October is the month of the annual Alzheimer Europe (www.alzheimer-europe.org) meeting. This year three BUDI team members attended the rather nice setting in Vienna a draw for everyone, although we all had very different agendas and expectations. Alzheimer Europe is one of my personal favourite conferences as I’ve been going for years and it creates the opportunity to meet with new and catch up with a range of international colleagues, and is actually the main reason I go to these kind of events; yes it is good to present the work, and as a team we had two posters and three oral presentations this year, which is not bad for an Institute only in existence for 6 months, but it is the networking aspect that provides inspiration and creates new ideas and new collaborations that motivates me to go to these kind of events.
Patricia McParland is BUDI’s project manager, she has presented at a few dementia conferences in the last 3 years but for this conference her main concern was to ensure her cutting edge work doctoral work, that she is in the final throes of writing up, on public awareness of dementia is getting out there as this is an area of increasing policy concern both in the UK and internationally and many are starting to work in this particular area. As well as presenting a poster on her doctoral work that received positive attention, she presented a paper reporting on one of BUDI’s project about Dementia Friendly Tourism. The concept of Dementia Friendly Tourism has caught the imagination of many we speak to about our dementia work and this proved to be the case again in Vienna. Colleagues from France, Spain and Jersey were particularly interested in this project and keen to explore how these ideas could be applied to their regions; we will see what transpires over the coming months in the way of collaboration but this is a nice example of the added value of going to a conference.
Clare Cutler is a research assistant in BUDI and has just started her PhD exploring experiences of war and dementia, as an Early Career Researcher Clare was thrilled to be attending her first interational conference, and her excitement was contagious! but she was also rather anxious about giving her first presentation on one of BUDI’s projects, GRIID, Gateway to Rural International Innovations in Dementia, on behalf of an international team.
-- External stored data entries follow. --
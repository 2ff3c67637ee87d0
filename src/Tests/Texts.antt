-- ===== src/Tests/Texts.antt =====
-- The texts of enums and localized claims.
use openidconnect_rs.Core.Values.ApplicationType
use openidconnect_rs.Core.Values.AuthDisplay
use openidconnect_rs.Core.Values.AuthPrompt
use openidconnect_rs.Core.Values.ClaimType
use openidconnect_rs.Core.Values.ClientAuthMethod
use openidconnect_rs.Core.Values.GrantType
use openidconnect_rs.Core.Values.RegisterErrorResponseType
use openidconnect_rs.Core.Values.ResponseMode
use openidconnect_rs.Core.Values.ResponseType
use openidconnect_rs.Core.Values.SubjectIdentifierType
use openidconnect_rs.Core.Values.JsonWebKeyUse
use openidconnect_rs.Core.Values.AuthErrorResponseType
use openidconnect_rs.Core.Values.Laws.{
  as_ref-from_str_all, from_str-as_ref_iff, as_ref-from_str_error,
}
use mathlib.Core.Bool.{false≢true}
use openidconnect_rs.Prelude.{◌≢◌, eq_iff, String, ◌≡◌, ◌↔◌, some, none, [], ◌∷◌}
use openidconnect_rs.Types.LocalizedClaim.{LocalizedClaim, get, insert, remove}
use openidconnect_rs.Types.LocalizedClaim.Laws.{get-insert_lem, get-remove_lem}

as_ref-from_str_all_example :
    (ApplicationType.as_ref (ApplicationType.from_str "query") ≡ "query")
    × (AuthDisplay.as_ref (AuthDisplay.from_str "query") ≡ "query")
    × (AuthPrompt.as_ref (AuthPrompt.from_str "query") ≡ "query")
    × (ClaimType.as_ref (ClaimType.from_str "query") ≡ "query")
    × (ClientAuthMethod.as_ref (ClientAuthMethod.from_str "query") ≡ "query")
    × (GrantType.as_ref (GrantType.from_str "query") ≡ "query")
    × (RegisterErrorResponseType.as_ref (RegisterErrorResponseType.from_str "query") ≡ "query")
    × (ResponseMode.as_ref (ResponseMode.from_str "query") ≡ "query")
    × (ResponseType.as_ref (ResponseType.from_str "query") ≡ "query")
    × (SubjectIdentifierType.as_ref (SubjectIdentifierType.from_str "query") ≡ "query")
    × (JsonWebKeyUse.as_ref (JsonWebKeyUse.from_str "query") ≡ "query")
as_ref-from_str_all_example = as_ref-from_str_all "query"

from_str-as_ref_iff_example :
    ((ApplicationType.from_str (ApplicationType.as_ref (ApplicationType.extension "web"))
        ≡ (ApplicationType.extension "web"))
      ↔ ApplicationType.IsCanonical (ApplicationType.extension "web"))
    × ((AuthDisplay.from_str (AuthDisplay.as_ref (AuthDisplay.extension "web"))
          ≡ (AuthDisplay.extension "web"))
        ↔ AuthDisplay.IsCanonical (AuthDisplay.extension "web"))
    × ((AuthPrompt.from_str (AuthPrompt.as_ref (AuthPrompt.extension "web"))
          ≡ (AuthPrompt.extension "web"))
        ↔ AuthPrompt.IsCanonical (AuthPrompt.extension "web"))
    × ((ClaimType.from_str (ClaimType.as_ref (ClaimType.extension "web"))
          ≡ (ClaimType.extension "web"))
        ↔ ClaimType.IsCanonical (ClaimType.extension "web"))
    × ((ClientAuthMethod.from_str (ClientAuthMethod.as_ref (ClientAuthMethod.extension "web"))
          ≡ (ClientAuthMethod.extension "web"))
        ↔ ClientAuthMethod.IsCanonical (ClientAuthMethod.extension "web"))
    × ((GrantType.from_str (GrantType.as_ref (GrantType.extension "web"))
          ≡ (GrantType.extension "web"))
        ↔ GrantType.IsCanonical (GrantType.extension "web"))
    × ((RegisterErrorResponseType.from_str
            (RegisterErrorResponseType.as_ref (RegisterErrorResponseType.extension "web"))
          ≡ (RegisterErrorResponseType.extension "web"))
        ↔ RegisterErrorResponseType.IsCanonical (RegisterErrorResponseType.extension "web"))
    × ((ResponseMode.from_str (ResponseMode.as_ref (ResponseMode.extension "web"))
          ≡ (ResponseMode.extension "web"))
        ↔ ResponseMode.IsCanonical (ResponseMode.extension "web"))
    × ((ResponseType.from_str (ResponseType.as_ref (ResponseType.extension "web"))
          ≡ (ResponseType.extension "web"))
        ↔ ResponseType.IsCanonical (ResponseType.extension "web"))
    × ((SubjectIdentifierType.from_str
            (SubjectIdentifierType.as_ref (SubjectIdentifierType.extension "web"))
          ≡ (SubjectIdentifierType.extension "web"))
        ↔ SubjectIdentifierType.IsCanonical (SubjectIdentifierType.extension "web"))
    × ((JsonWebKeyUse.from_str (JsonWebKeyUse.as_ref (JsonWebKeyUse.other "web"))
          ≡ (JsonWebKeyUse.other "web"))
        ↔ JsonWebKeyUse.IsCanonical (JsonWebKeyUse.other "web"))
from_str-as_ref_iff_example =
    from_str-as_ref_iff (ApplicationType.extension "web") (AuthDisplay.extension "web")
      (AuthPrompt.extension "web") (ClaimType.extension "web") (ClientAuthMethod.extension "web")
      (GrantType.extension "web") (RegisterErrorResponseType.extension "web")
      (ResponseMode.extension "web") (ResponseType.extension "web")
      (SubjectIdentifierType.extension "web") (JsonWebKeyUse.other "web")

differs : ◌≢◌ {A = String} "invalid_scope" "invalid_request_object"
differs e = false≢true ((eq_iff "invalid_scope" "invalid_request_object").1 e)

as_ref-from_str_error_example :
    AuthErrorResponseType.as_ref (AuthErrorResponseType.from_str "invalid_scope") ≡ "invalid_scope"
as_ref-from_str_error_example = (as_ref-from_str_error "invalid_scope").1 differs

abbrev name : LocalizedClaim String
name = record { tagged = ("fr", "Alice F") ∷ []; untagged = some "Alice" }

get-insert_lem_example :
    get (insert name (some "de") "Alice D").0 (some "fr") ≡ get name (some "fr")
get-insert_lem_example = get-insert_lem name (some "de") (some "fr") "Alice D"

get-remove_lem_example : get (remove name (some "fr")).0 (some "fr") ≡ none
get-remove_lem_example = get-remove_lem name (some "fr") (some "fr")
She needn’t have worried as she went down a storm; mainly because she said at the beginning that she was nervous, this was her first presentation and then let out a big sigh as she finished. This created a huge amount of goodwill to her personally as well as her giving a presentation on an innovative interational partnership project. We had received the support of Alzheimer Disease International (www.alz.co.uk) to conduct part of this study and the opportunity for further discussion about working together to target rural areas and developing countries is another of the added value benefits that being in Vienna brought for me this year.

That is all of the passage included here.